+++ Supplied information +++
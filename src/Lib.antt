-- ===== src/Lib.antt =====
-- alpha-swarm: distributed orchestration of language-model agents over code repositories. A
-- planner splits a goal into sub-tasks; the workflow engine keeps them as a persisted dependency
-- graph, dispatches ready steps to the swarm runner in rounds, folds the results back, replans
-- after a failure, and checkpoints the document after every change.
--
-- Prelude holds texts (strings as their UTF-8 bytes, equal when their bytes are), lists with
-- Boolean predicates, UTF-8 validity, decimal printing and line splitting as Rust does them.
--
-- Orchestrator follows crates/orchestrator and the types it shares: Task is SubTask of
-- planner_types.rs; Planner is the rest of planner_types.rs (parse_plan in Parse and Paths,
-- detect_cycle in Cycle, constrain_to_named_files in Scope), with JSON, the tables of Unicode and
-- the order of a hash set as the record PlannerEnv; Runner is SwarmResult, RunControl and the
-- waves of execute_tasks in runner.rs; Graph is GraphExecutor of graph.rs for one file, with the
-- files, the shell, the search for package.json and the model as fields of its record.
--
-- Workflow follows crates/workflow: State is WorkflowState, StepState and StepKind; Model is the
-- document of model.rs (WorkflowRun, readiness, absorb_captured, splice_replan); Engine is
-- engine.rs, one pass of the loop of execute as a function on the run, the aggregate and a world.
--
-- VirtGit follows crates/virt-git: Store is the in-memory store of store.rs, with the stores of
-- store.rs and wasi_store.rs that cache a remote one in Remote, Tree is TreeSnapshot of tree.rs,
-- Diff is diff.rs, and Workspace is VirtWorkspace of workspace.rs with fork and merge. A BTreeMap
-- is the list of its entries in the order of the keys. SHA-256, the JSON of a tree and the hunks
-- of a text diff are fields of Primitives, an argument of what uses them.
--
-- Events follows crates/events/src/scheduler.rs: Keys holds the keys of leases, locks and slots
-- with sanitize_key; Bucket is the interface to a NATS key-value bucket, the laws that the
-- service documents, and a map that has them; Scheduler is NatsScheduler.
--
-- EditParser follows crates/edit-parser/src/lib.rs: the blocks of a model answer as file edits
-- (parse_edits) and as actions (parse_actions, in Actions); Print writes the format that the doc
-- comment describes. The loops keep what is left of the answer, response[pos..], and have one
-- more unit of fuel than the answer has bytes, which is proved to be enough. A slice whose end is
-- before its start panics, and so does the parse.
--
-- Inference follows crates/inference-client: the root and Select hold types.rs and the selection
-- helpers of router.rs; Router is InferenceRouter, with chat in Router/Chat. Its backends are the
-- record Backends: a call is given the router and returns it, with what other requests did to the
-- counters while it waited. The float that parse_param_size_b reads is a field of Numbers; the
-- counters wrap at 64 bits.
--
-- CodeUtils follows crates/agent-core/src/code_utils.rs: the tests of lines and paths, and
-- fuzzy_replace, which the runner and the graph executor use to apply an edit.
--
-- What the engine calls outside itself (the database, event bus, file system, commands, the
-- planner model, the runner, the pause flag) is the record Env, an argument of every definition:
-- each call takes the world and returns it changed. A failed checkpoint returns at once, as the
-- operator ? does.
--
-- The u32 counters wrap as in a release build; usize lengths are plain numbers. The loop of
-- execute and the waves of execute_tasks run on fuel and say so when the fuel ends. The search of
-- detect_cycle has one more unit of fuel than there are ids, which is proved to be enough. The
-- fixpoint loop of splice_replan has one more unit of fuel than there are steps; that it then
-- ends by its own test is proved. Sets of texts are lists asked only for membership.
--
-- Not modelled: log output, event timestamps, the text that derived Debug prints (a field of
-- Env), the registry of control handles, the prompts of the planner, the tool loop of an agent,
-- the HTTP clients of the inference backends, the refactor template of the graph executor, and
-- everything behind Env, PlannerEnv, Backends and GraphExecutor.
pub mod CodeUtils
pub mod EditParser
pub mod Events
pub mod Inference
pub mod Orchestrator
pub mod Prelude
pub mod VirtGit
pub mod Workflow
+++
Required work — Write down exactly the span of lines above from the one containing "-- EditParser follows" to the one containing "-- Env), the", both ends included.

Answer to this problem —
-- EditParser follows crates/edit-parser/src/lib.rs: the blocks of a model answer as file edits
-- (parse_edits) and as actions (parse_actions, in Actions); Print writes the format that the doc
-- comment describes. The loops keep what is left of the answer, response[pos..], and have one
-- more unit of fuel than the answer has bytes, which is proved to be enough. A slice whose end is
-- before its start panics, and so does the parse.
--
-- Inference follows crates/inference-client: the root and Select hold types.rs and the selection
-- helpers of router.rs; Router is InferenceRouter, with chat in Router/Chat. Its backends are the
-- record Backends: a call is given the router and returns it, with what other requests did to the
-- counters while it waited. The float that parse_param_size_b reads is a field of Numbers; the
-- counters wrap at 64 bits.
--
-- CodeUtils follows crates/agent-core/src/code_utils.rs: the tests of lines and paths, and
-- fuzzy_replace, which the runner and the graph executor use to apply an edit.
--
-- What the engine calls outside itself (the database, event bus, file system, commands, the
-- planner model, the runner, the pause flag) is the record Env, an argument of every definition:
-- each call takes the world and returns it changed. A failed checkpoint returns at once, as the
-- operator ? does.
--
-- The u32 counters wrap as in a release build; usize lengths are plain numbers. The loop of
-- execute and the waves of execute_tasks run on fuel and say so when the fuel ends. The search of
-- detect_cycle has one more unit of fuel than there are ids, which is proved to be enough. The
-- fixpoint loop of splice_replan has one more unit of fuel than there are steps; that it then
-- ends by its own test is proved. Sets of texts are lists asked only for membership.
--
-- Not modelled: log output, event timestamps, the text that derived Debug prints (a field of
-- Env), the registry of control handles, the prompts of the planner, the tool loop of an agent,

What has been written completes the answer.